# Taken to school by Pro-Ebayer



## Dalecamino (Aug 7, 2014)

:redface: When I was in the Navy, I made two, six month Med cruises. Got Cruise books for each one. The last one was in '68 I lost that one in a divorce and, it's nowhere to be found. I got an email from a lady in Arkansas telling me a '68 cruise book is at auction on ebay. Had photos of it and, one was opened to a page which had a photo of me and, two friends. Needless to say, I was very happy to see this. 

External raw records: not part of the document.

-- ===== src/Sps/Build/Bounds.antt =====
-- The number of bytes that `build_sps` of src/fshare2fifo/fshare2fifo.c writes.
use yi_outdoor_1080p_ptz.Prelude.{
  ℕ, zero, suc, ◌+◌, ◌-◌, ◌/◌, ◌%◌, ◌^◌, ◌≤◌, ◌<◌, ◌≡◌, ◌∙◌, arith, ◌==◌, if◌then◌else◌, Bool-cases,
  inl, inr,
}
use yi_outdoor_1080p_ptz.Memory.{u32}
use yi_outdoor_1080p_ptz.Sps.Info.{SpsInfo, nal_buf_max}
use yi_outdoor_1080p_ptz.Sps.Writer.{Out, set_bit, wbits, wue, width}
use yi_outdoor_1080p_ptz.Sps.Codes.{width-le}
use yi_outdoor_1080p_ptz.Sps.Build.{build_head, build_numbers, build_frame, pad, build_sps}

pub pos-wbits : (o : Out) (v n : ℕ) → (wbits o v n).pos ≡ o.pos + n
unfolding wbits
pos-wbits o v zero = omega arith
pos-wbits o v (suc n) =
    let o' : Out = record {
      bytes = if v / 2 ^ n % 2 == 1 then set_bit o.bytes o.pos else o.bytes;
      pos = o.pos + 1;
    } in
    pos-wbits o' v n ∙ omega arith

pos-wue : (o : Out) (v : ℕ) → (o.pos < (wue o v).pos) × ((wue o v).pos ≤ o.pos + 65)
unfolding wue
pos-wue o v = omega (
  arith,
  pos-wbits o 0 (width 32 (u32 (v + 1))),
  pos-wbits (wbits o 0 (width 32 (u32 (v + 1)))) (u32 (v + 1)) (width 32 (u32 (v + 1)) + 1),
  width-le 32 (u32 (v + 1)),
)

pos-build_head : (si : SpsInfo) → (build_head si).pos ≡ 32
unfolding build_head
pos-build_head si = omega (arith, pos-wbits)

pos-build_numbers :
    (si : SpsInfo) (o : Out)
    → (o.pos ≤ (build_numbers si o).pos) × ((build_numbers si o).pos ≤ o.pos + 456)
unfolding build_numbers
pos-build_numbers si o = elim (Bool-cases (si.poc_type == 0)) [
  | inl e ↦ rw e (omega (arith, pos-wbits, pos-wue))
  | inr e ↦ rw e (omega (arith, pos-wbits, pos-wue))
]

pos-build_frame :
    (si : SpsInfo) (o : Out)
    → (o.pos ≤ (build_frame si o).pos) × ((build_frame si o).pos ≤ o.pos + 264)
unfolding build_frame
pos-build_frame si o = elim (Bool-cases (si.fmbo == 0)) [
  | inl e ↦ rw e (cropped _ (omega (arith, pos-wbits)))
  | inr e ↦ rw e (cropped _ (omega (arith, pos-wbits)))
]
  where
    cropped :
        (o3 : Out)
        → (o.pos ≤ o3.pos) × (o3.pos ≤ o.pos + 4)
        → (o.pos
            ≤ (if si.crop_flag == 0
                then o3
                else wue (wue (wue (wue o3 si.crop0) si.crop1) si.crop2) si.crop3).pos)
          × ((if si.crop_flag == 0
                then o3
                else wue (wue (wue (wue o3 si.crop0) si.crop1) si.crop2) si.crop3).pos
              ≤ o.pos + 264)
    cropped o3 h = elim (Bool-cases (si.crop_flag == 0)) [
      | inl e ↦ rw e (omega arith)
      | inr e ↦ rw e (omega (arith, pos-wue))
    ]

pos-pad :
    (rounds : ℕ) (o : Out) → (o.pos ≤ (pad rounds o).pos) × ((pad rounds o).pos ≤ o.pos + rounds)
unfolding pad
pos-pad zero o = omega arith
pos-pad (suc rounds) o = ground (arith, pos-pad rounds (wbits o 0 1), pos-wbits o 0 1)

pad_aligned : (rounds : ℕ) (o : Out) → (8 - o.pos % 8) % 8 ≤ rounds → (pad rounds o).pos % 8 ≡ 0
unfolding pad
pad_aligned zero o h = omega arith
pad_aligned (suc rounds) o h = ground (arith, pad_aligned rounds (wbits o 0 1), pos-wbits o 0 1)

-- Whatever the fields hold, `build_sps` writes a whole number of bytes, at least four and at most
-- 95, so that it stays inside its buffer of 256.
pub build_sps_fits :
    (si : SpsInfo)
    → ((build_sps si).pos % 8 ≡ 0)
      × (4 ≤ (build_sps si).pos / 8)
      × ((build_sps si).pos / 8 ≤ 95)
      × (95 < nal_buf_max)
unfolding build_sps
build_sps_fits si =
    let o1 : Out = build_head si in
    let o2 : Out = build_numbers si o1 in
    let o3 : Out = build_frame si o2 in
    let o4 : Out = wbits (wbits o3 0 1) 1 1 in
    omega (
      arith,
      pos-build_head si,
      pos-build_numbers si o1,
      pos-build_frame si o2,
      pos-wbits o3 0 1,
      pos-wbits (wbits o3 0 1) 1 1,
      pos-pad 7 o4,
      pad_aligned 7 o4 (omega arith),
    )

Anyway, I waited the whole week for the auction to end. Final day, I was highest bidder right down to 2 seconds left. Guess what? I lost!:redface::curse:

There were lots of great memories in that book. I'll bet my ex-wife bought it


----------



## D.Oliver (Aug 7, 2014)

In a related note one of the prizes for the Slimline contest is now a '68 cruise book that I just won on Ebay! Kidding Kidding. :biggrin::tongue:


----------



## low_48 (Aug 7, 2014)

It's called sniping. You can get free or pay services to get the winning bid in the last few seconds. Sorry you lost out.


----------



## Dalecamino (Aug 7, 2014)

D.Oliver said:


> In a related note one of the prizes for the Slimline contest is now a '68 cruise book that I just won on Ebay! Kidding Kidding. :biggrin::tongue:


 I have a feeling I had that coming :biggrin:


----------



## Dalecamino (Aug 7, 2014)

low_48 said:


> It's called sniping. You can get free or pay services to get the winning bid in the last few seconds. Sorry you lost out.

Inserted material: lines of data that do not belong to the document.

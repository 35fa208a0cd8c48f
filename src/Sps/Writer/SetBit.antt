-- ===== src/Sps/Writer/SetBit.antt =====
-- `|=` with one bit, read back bit by bit.
use Prim.Native.Nat.{bit_or}
use yi_outdoor_1080p_ptz.Prelude.{
  ℕ, zero, suc, ◌+◌, ◌-◌, ◌*◌, ◌/◌, ◌%◌, ◌^◌, ◌≤◌, ◌<◌, ◌≡◌, refl, ◌∙◌, Bool, true, false, arith,
  ltb, ◌==◌, ==_iff, ltb→lt, if◌then◌else◌, Bool-cases, inl, inr,
}
use yi_outdoor_1080p_ptz.Memory.{Buf, poke, IsBytes}
use yi_outdoor_1080p_ptz.Memory.Laws.{poke-IsBytes}
use yi_outdoor_1080p_ptz.Sps.Reader.{bit_at}
use yi_outdoor_1080p_ptz.Sps.Writer.{set_bit}

-- A table of `bound` entries, each of which passes.
passes : (ℕ → Bool) → ℕ → Bool
passes test zero = true
passes test (suc bound) = if test bound then passes test bound else false

passes-at :
    (test : ℕ → Bool) (bound : ℕ) {x : ℕ} → x < bound → passes test bound ≡ true → test x ≡ true
unfolding passes
passes-at test zero lt h = absurd (omega arith)
passes-at test (suc bound) {x} lt h = elim (Bool-cases (test bound)) [
  | inl t ↦ elim (Bool-cases (x == bound)) [
    | inl same ↦ let e : x ≡ bound = ground arith in rw e t
    | inr other ↦ passes-at test bound (ground arith) (rw t at h)
  ]
  | inr f ↦ cc
]

-- Entry `b * 64 + k * 8 + j`: bit `j` of byte `b` with bit `k` set.
abbrev or_entry : ℕ → Bool
or_entry x =
    (bit_or (x / 64) (2 ^ (7 - x / 8 % 8)) / 2 ^ (7 - x % 8) % 2)
    == (if x % 8 == x / 8 % 8 then 1 else x / 64 / 2 ^ (7 - x % 8) % 2)

or_table : passes or_entry 16384 ≡ true
unfolding passes
or_table = refl

-- Entry `b * 8 + k`: the result is a byte.
abbrev or_byte : ℕ → Bool
or_byte x = ltb (bit_or (x / 8) (2 ^ (7 - x % 8))) 256

or_byte_table : passes or_byte 2048 ≡ true
unfolding passes
or_byte_table = refl

bit_or_bit :
    (b k j : ℕ)
    → b < 256
    → k < 8
    → j < 8
    → bit_or b (2 ^ (7 - k)) / 2 ^ (7 - j) % 2 ≡ (if j == k then 1 else b / 2 ^ (7 - j) % 2)
bit_or_bit b k j hb hk hj =
    let e : bit_or (x / 64) (2 ^ (7 - x / 8 % 8)) / 2 ^ (7 - x % 8) % 2
        ≡ (if x % 8 == x / 8 % 8 then 1 else x / 64 / 2 ^ (7 - x % 8) % 2) =
      (==_iff _ _).0 (passes-at or_entry 16384 (omega arith) or_table) in
    rw (byte_is, set_is, read_is) at e
  where
    x : ℕ
    x = b * 64 + k * 8 + j

    byte_is : x / 64 ≡ b
    byte_is = omega arith

    set_is : x / 8 % 8 ≡ k
    set_is = omega arith

    read_is : x % 8 ≡ j
    read_is = omega arith

bit_or-lt : (b k : ℕ) → b < 256 → k < 8 → bit_or b (2 ^ (7 - k)) < 256
bit_or-lt b k hb hk =
    rw (byte_is, set_is) at
      (ltb→lt (bit_or (x / 8) (2 ^ (7 - x % 8))) 256
        (passes-at or_byte 2048 (omega arith) or_byte_table))
  where
    x : ℕ
    x = b * 8 + k

    byte_is : x / 8 ≡ b
    byte_is = omega arith

    set_is : x % 8 ≡ k
    set_is = omega arith

pub set_bit-IsBytes : (m : Buf) (p : ℕ) → IsBytes m → IsBytes (set_bit m p)
set_bit-IsBytes m p b =
    poke-IsBytes m (p / 8) _ b (bit_or-lt (m (p / 8)) (p % 8) (b (p / 8)) (omega arith))

-- Setting bit `p` changes that bit alone.
pub bit_at-set_bit :
    (m : Buf) (p q : ℕ) → IsBytes m → bit_at (set_bit m p) q ≡ (if q == p then 1 else bit_at m q)
unfolding poke
bit_at-set_bit m p q b = elim (Bool-cases (q / 8 == p / 8)) [
  | inl same ↦
      let e : q / 8 ≡ p / 8 = ground arith in
      rw same (
        bit_or_bit (m (p / 8)) (p % 8) (q % 8) (b (p / 8)) (omega arith) (omega arith)
        ∙ rw e (tests e))
  | inr other ↦ rw other (ground arith)
]
  where
    tests :
        q / 8 ≡ p / 8
        → (if q % 8 == p % 8 then 1 else m (p / 8) / 2 ^ (7 - q % 8) % 2)
          ≡ (if q == p then 1 else m (p / 8) / 2 ^ (7 - q % 8) % 2)
    tests e = ground arith

-- Byte 0 is not reached from bit 8 on.
pub set_bit-header : (m : Buf) (p : ℕ) → 8 ≤ p → set_bit m p 0 ≡ m 0
unfolding poke
set_bit-header m p h = ground arith
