-- ===== src/Sps/Writer/Written.antt =====
-- What the bit writer leaves in its buffer, as a string of bits behind the header byte.
use yi_outdoor_1080p_ptz.Prelude.{
  ℕ, zero, suc, ◌+◌, ◌/◌, ◌%◌, ◌^◌, ◌≤◌, ◌<◌, ◌≡◌, ◌∙◌, List, [], ◌∷◌, ◌++◌, append_assoc,
  append-nil, arith, length, length-append, ◌==◌, if◌then◌else◌, Bool-cases, inl, inr, ◌⊎◌, true,
  false,
}
use yi_outdoor_1080p_ptz.Memory.{Buf, IsBytes}
use yi_outdoor_1080p_ptz.Sps.Reader.{bit_at}
use yi_outdoor_1080p_ptz.Sps.Writer.{Out, set_bit, wbits, wue, width}
use yi_outdoor_1080p_ptz.Sps.Writer.SetBit.{set_bit-header, set_bit-IsBytes, bit_at-set_bit}
use yi_outdoor_1080p_ptz.Sps.Codes.{bits_of, zeros, ue_code, bits_of_zero}

-- The bits from `off` on are `bs`.
abbrev pub HasBits : Buf → ℕ → List ℕ → Type 0
HasBits m off [] = Unit
HasBits m off (b ∷ bs) = (bit_at m off ≡ b) × HasBits m (off + 1) bs

pub HasBits-append :
    (m : Buf) (off : ℕ) (bs cs : List ℕ)
    → HasBits m off bs
    → HasBits m (off + length bs) cs
    → HasBits m off (bs ++ cs)
HasBits-append m off [] cs h k = let e : off + 0 ≡ off = omega arith in rw e at k
HasBits-append m off (b ∷ bs) cs (p, h) k =
    let e : off + suc (length bs) ≡ off + 1 + length bs = omega arith in
    (p, HasBits-append m (off + 1) bs cs h (rw e at k))

pub HasBits-ext :
    (m m' : Buf) (off : ℕ) (bs : List ℕ)
    → ((q : ℕ) → q < off + length bs → bit_at m' q ≡ bit_at m q)
    → HasBits m off bs
    → HasBits m' off bs
HasBits-ext m m' off [] same h = tt
HasBits-ext m m' off (b ∷ bs) same (p, h) =
    (same off (omega arith) ∙ p, HasBits-ext m m' (off + 1) bs (λ q lt. same q (omega arith)) h)

-- `bs` has been written behind byte 0, and the buffer is clear behind it.
pub record IsWritten (bs : List ℕ) (o : Out) : Type 0 where
  pub pos_is : o.pos ≡ 8 + length bs
  pub has : HasBits o.bytes 8 bs
  pub clear : (q : ℕ) → o.pos ≤ q → bit_at o.bytes q ≡ 0
  pub is_bytes : IsBytes o.bytes
  pub header : o.bytes 0 ≡ 0x67

-- One round of `sps_wbits`.
abbrev put_bit : Out → ℕ → Out
put_bit o b = record { bytes = if b == 1 then set_bit o.bytes o.pos else o.bytes; pos = o.pos + 1 }

put_bit-at :
    (o : Out) (b q : ℕ)
    → IsBytes o.bytes
    → bit_at o.bytes o.pos ≡ 0
    → b < 2
    → bit_at (put_bit o b).bytes q ≡ (if q == o.pos then b else bit_at o.bytes q)
put_bit-at o b q v c h = elim (Bool-cases (b == 1)) [
  | inl one ↦ let e : b ≡ 1 = ground arith in rw e (bit_at-set_bit o.bytes o.pos q v)
  | inr other ↦ let e : b ≡ 0 = ground arith in rw e (ground arith)
]

put_bit-IsWritten :
    (bs : List ℕ) (o : Out) (b : ℕ)
    → b < 2
    → IsWritten bs o
    → IsWritten (bs ++ (b ∷ [])) (put_bit o b)
put_bit-IsWritten bs o b h w = record {
  pos_is = rw length-append (omega (arith, w.pos_is));
  has =
      HasBits-append (put_bit o b).bytes 8 bs (b ∷ [])
        (HasBits-ext o.bytes (put_bit o b).bytes 8 bs
          (λ q lt.
            ground (arith, w.pos_is, put_bit-at o b q w.is_bytes (w.clear o.pos (omega arith)) h))
          w.has)
        (last, tt);
  clear = λ q le.
      ground (arith, put_bit-at o b q w.is_bytes (w.clear o.pos (omega arith)) h, w.clear q);
  is_bytes = written_bytes (Bool-cases (b == 1));
  header = header_kept (Bool-cases (b == 1));
}
  where
    last : bit_at (put_bit o b).bytes (8 + length bs) ≡ b
    last =
        ground (
          arith,
          w.pos_is,
          put_bit-at o b (8 + length bs) w.is_bytes (w.clear o.pos (omega arith)) h,
        )

    written_bytes : (b == 1 ≡ true) ⊎ (b == 1 ≡ false) → IsBytes (put_bit o b).bytes
    written_bytes (inl e) = rw e (set_bit-IsBytes o.bytes o.pos w.is_bytes)
    written_bytes (inr e) = rw e w.is_bytes

    header_kept : (b == 1 ≡ true) ⊎ (b == 1 ≡ false) → (put_bit o b).bytes 0 ≡ 0x67
    header_kept (inl e) = rw e (set_bit-header o.bytes o.pos (omega (arith, w.pos_is)) ∙ w.header)
    header_kept (inr e) = rw e w.header

pub wbits-IsWritten :
    (n v : ℕ) (bs : List ℕ) (o : Out) → IsWritten bs o → IsWritten (bs ++ bits_of n v) (wbits o v n)
unfolding wbits
wbits-IsWritten zero v bs o w = rw append-nil w
wbits-IsWritten (suc n) v bs o w = rw (append_assoc bs (v / 2 ^ n % 2 ∷ []) (bits_of n v)) at (
    wbits-IsWritten n v (bs ++ (v / 2 ^ n % 2 ∷ [])) (put_bit o (v / 2 ^ n % 2))
      (put_bit-IsWritten bs o (v / 2 ^ n % 2) (omega arith) w))

pub wue-IsWritten :
    (v : ℕ) (bs : List ℕ) (o : Out)
    → v + 1 < 2 ^ 32
    → IsWritten bs o
    → IsWritten (bs ++ ue_code v) (wue o v)
unfolding wue
wue-IsWritten v bs o h w = rw small (
    rw (append_assoc bs (zeros n) (bits_of (n + 1) (v + 1))) at (
      wbits-IsWritten (n + 1) (v + 1) (bs ++ zeros n) (wbits o 0 n)
        (rw (bits_of_zero n) at (wbits-IsWritten n 0 bs o w))))
  where
    small : (v + 1) % 2 ^ 32 ≡ v + 1
    small = omega arith

    n : ℕ
    n = width 32 (v + 1)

 Thanks Rich. It was the first time bidding on anything on ebay. I didn't know about sniping. I wish I would have asked here before trying it on my own. You guys have a ton of knowledge about this stuff. Live and, learn.


----------



## stonepecker (Aug 7, 2014)

It wouldn't surprise me if Derek did get the winning bid. At least he knows it would be something you wanted for Christmas. arty:

With friends like these who needs enemas. :doctor:


----------



## its_virgil (Aug 7, 2014)

Try to contact the seller/buyer and explain about the book and maybe you can still get it.  Worth a try. You've been told no before, right?
Do a good turn daily!
Don



dalecamino said:


> low_48 said:
> 
> 
> > It's called sniping. You can get free or pay services to get the winning bid in the last few seconds. Sorry you lost out.
> ...


----------



## Dalecamino (Aug 7, 2014)

Don, I sent the seller an email, thanking her for the notification. I got no reply from her. And, she knows the history regarding the book and, my service. Is there a way to find the bid winner and, contact them? 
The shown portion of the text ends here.